**EXERCISE GOAL:** Reproduce exactly, from the data that follows, the line with "pub count_ones : Bits → ℕ", the line with "NearestIn f from limit (some", and every line that lies between them.

**SUPPLIED DATA:**
________
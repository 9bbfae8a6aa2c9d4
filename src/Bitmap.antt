-- ===== src/Bitmap.antt =====
-- crates/arity-bitmap/src/lib.rs: the traits `Raw` and `Bitmap`, as an interface of operations and
-- of the contract that the arrays rely on, and the default methods of `Bitmap`. An index is a
-- number below the width.
pub mod Native
pub mod Words
pub mod Members
pub mod Laws
pub mod BitIter
use arity_arrays.Common.{
  ℕ, suc, ◌<◌, ◌≤◌, ◌≡◌, ◌↔◌, Bool, true, false, not, ◌&&◌, ◌||◌, ◌==◌, Option, none, some,
  count_below, List, ◌/◌, if◌then◌else◌, length, ◌>>=◌,
}
use arity_arrays.Bitmap.Native.{from_bytes}
use arity_arrays.Niche.{try_from_usize}

pub record Operations : Type 1 where
  pub Bits : Type 0
  pub width : ℕ
  pub zero_bits : Bits
  pub is_zero : Bits → Bool
  pub count_ones : Bits → ℕ
  pub test : Bits → ℕ → Bool
  pub with_bit : Bits → ℕ → Bits
  pub without_bit : Bits → ℕ → Bits
  pub rank : Bits → ℕ → ℕ
  pub raw_lowest_pos : Bits → ℕ
  pub raw_highest_pos : Bits → ℕ
  pub raw_clear_lowest : Bits → Bits
  pub raw_clear_highest : Bits → Bits
  pub raw_select : Bits → ℕ → Option ℕ
  pub raw_nearest_clear_at_or_below : Bits → ℕ → Option (Option ℕ)
  pub raw_nearest_clear_in : Bits → ℕ → ℕ → Option (Option ℕ)

-- Results of the searches, over the membership test f.
abbrev pub IsNth : (ℕ → Bool) → ℕ → ℕ → ℕ → Type 0
IsNth f width n p = (p < width) × (f p ≡ true) × (count_below f p ≡ n)

abbrev pub Selects : (ℕ → Bool) → ℕ → ℕ → Option ℕ → Type 0
Selects f width n none = count_below f width ≤ n
Selects f width n (some p) = IsNth f width n p

abbrev pub NearestBelow : (ℕ → Bool) → ℕ → Option ℕ → Type 0
NearestBelow f from none = (i : ℕ) → i ≤ from → f i ≡ true
NearestBelow f from (some p) =
    (p ≤ from) × (f p ≡ false) × ((i : ℕ) → p < i → i ≤ from → f i ≡ true)

abbrev pub NearestIn : (ℕ → Bool) → ℕ → ℕ → Option ℕ → Type 0
NearestIn f from limit none = (i : ℕ) → from ≤ i → i < limit → f i ≡ true
NearestIn f from limit (some p) =
    (from ≤ p) × (p < limit) × (f p ≡ false) × ((i : ℕ) → from ≤ i → i < p → f i ≡ true)

-- The operations with the documented contract of the two traits.
pub record Bitmap : Type 1 where
  pub operations : Operations
  pub open operations use *
  pub width_pos : 0 < width
  pub width_small : width ≤ 256
  pub bits_ext : (a b : Bits) → ((i : ℕ) → i < width → test a i ≡ test b i) → a ≡ b
  pub test-zero_bits : (i : ℕ) → i < width → test zero_bits i ≡ false
  pub is_zero_iff : (b : Bits) → (is_zero b ≡ true) ↔ (b ≡ zero_bits)
  pub test-with_bit :
      (b : Bits) (i j : ℕ) → i < width → j < width → test (with_bit b i) j ≡ (test b j || (i == j))
  pub test-without_bit :
      (b : Bits) (i j : ℕ)
      → i < width
      → j < width
      → test (without_bit b i) j ≡ (test b j && not (i == j))
  pub rank_lem : (b : Bits) (i : ℕ) → i < width → rank b i ≡ count_below (test b) i
  pub count_ones_lem : (b : Bits) → count_ones b ≡ count_below (test b) width
  pub lowest_lem :
      (b : Bits)
      → is_zero b ≡ false
      → (raw_lowest_pos b < width)
        × (test b (raw_lowest_pos b) ≡ true)
        × ((i : ℕ) → i < raw_lowest_pos b → test b i ≡ false)
  pub highest_lem :
      (b : Bits)
      → is_zero b ≡ false
      → (raw_highest_pos b < width)
        × (test b (raw_highest_pos b) ≡ true)
        × ((i : ℕ) → i < width → raw_highest_pos b < i → test b i ≡ false)
  pub test-clear_lowest :
      (b : Bits) (i : ℕ)
      → is_zero b ≡ false
      → i < width
      → test (raw_clear_lowest b) i ≡ (test b i && not (i == raw_lowest_pos b))
  pub test-clear_highest :
      (b : Bits) (i : ℕ)
      → is_zero b ≡ false
      → i < width
      → test (raw_clear_highest b) i ≡ (test b i && not (i == raw_highest_pos b))
  pub raw_select_lem : (b : Bits) (n : ℕ) → Selects (test b) width n (raw_select b n)
  pub nearest_clear_at_or_below_lem :
      (b : Bits) (from : ℕ)
      → from < width
      → (r : Option ℕ) × (raw_nearest_clear_at_or_below b from ≡ some r)
        × NearestBelow (test b) from r
  pub nearest_clear_in_lem :
      (b : Bits) (from limit : ℕ)
      → from ≤ limit
      → limit ≤ width
      → (r : Option ℕ) × (raw_nearest_clear_in b from limit ≡ some r)
        × NearestIn (test b) from limit r

-- A position from a scan as an index: `try_from_usize(pos).expect(…)`. `none` is the panic.
abbrev expect_index : ℕ → Option ℕ → Option (Option ℕ)
expect_index width none = some none
expect_index width (some p) = elim (try_from_usize width p) [ none ↦ none | some i ↦ some (some i) ]

-- The default methods of `Bitmap`, over the scans of `Raw`.
module _ (b : Bitmap) where
  open b use {Bits, width, raw_select, raw_nearest_clear_at_or_below, raw_nearest_clear_in}

  unfoldable pub select : Bits → ℕ → Option (Option ℕ)
  unfolding try_from_usize
  select x n = expect_index width (raw_select x n)

  unfoldable pub nearest_clear_at_or_below : Bits → ℕ → Option (Option ℕ)
  unfolding try_from_usize
  nearest_clear_at_or_below x from = raw_nearest_clear_at_or_below x from >>= expect_index width

  unfoldable pub nearest_clear_in : Bits → ℕ → ℕ → Option (Option ℕ)
  unfolding try_from_usize
  nearest_clear_in x from limit = raw_nearest_clear_in x from limit >>= expect_index width

-- `try_from_bytes`, over the byte form of width w.
unfoldable pub try_from_bytes : ℕ → List ℕ → Option ℕ
unfolding from_bytes
try_from_bytes w buf = if length buf == w / 8 then some (from_bytes buf) else none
________
**FINISHED TASK:**
  pub count_ones : Bits → ℕ
  pub test : Bits → ℕ → Bool
  pub with_bit : Bits → ℕ → Bits
  pub without_bit : Bits → ℕ → Bits
  pub rank : Bits → ℕ → ℕ
  pub raw_lowest_pos : Bits → ℕ
  pub raw_highest_pos : Bits → ℕ
  pub raw_clear_lowest : Bits → Bits
  pub raw_clear_highest : Bits → Bits
  pub raw_select : Bits → ℕ → Option ℕ
  pub raw_nearest_clear_at_or_below : Bits → ℕ → Option (Option ℕ)
  pub raw_nearest_clear_in : Bits → ℕ → ℕ → Option (Option ℕ)

-- Results of the searches, over the membership test f.
abbrev pub IsNth : (ℕ → Bool) → ℕ → ℕ → ℕ → Type 0
IsNth f width n p = (p < width) × (f p ≡ true) × (count_below f p ≡ n)

abbrev pub Selects : (ℕ → Bool) → ℕ → ℕ → Option ℕ → Type 0
Selects f width n none = count_below f width ≤ n
Selects f width n (some p) = IsNth f width n p

abbrev pub NearestBelow : (ℕ → Bool) → ℕ → Option ℕ → Type 0
NearestBelow f from none = (i : ℕ) → i ≤ from → f i ≡ true
NearestBelow f from (some p) =
    (p ≤ from) × (f p ≡ false) × ((i : ℕ) → p < i → i ≤ from → f i ≡ true)

abbrev pub NearestIn : (ℕ → Bool) → ℕ → ℕ → Option ℕ → Type 0
NearestIn f from limit none = (i : ℕ) → from ≤ i → i < limit → f i ≡ true
NearestIn f from limit (some p) =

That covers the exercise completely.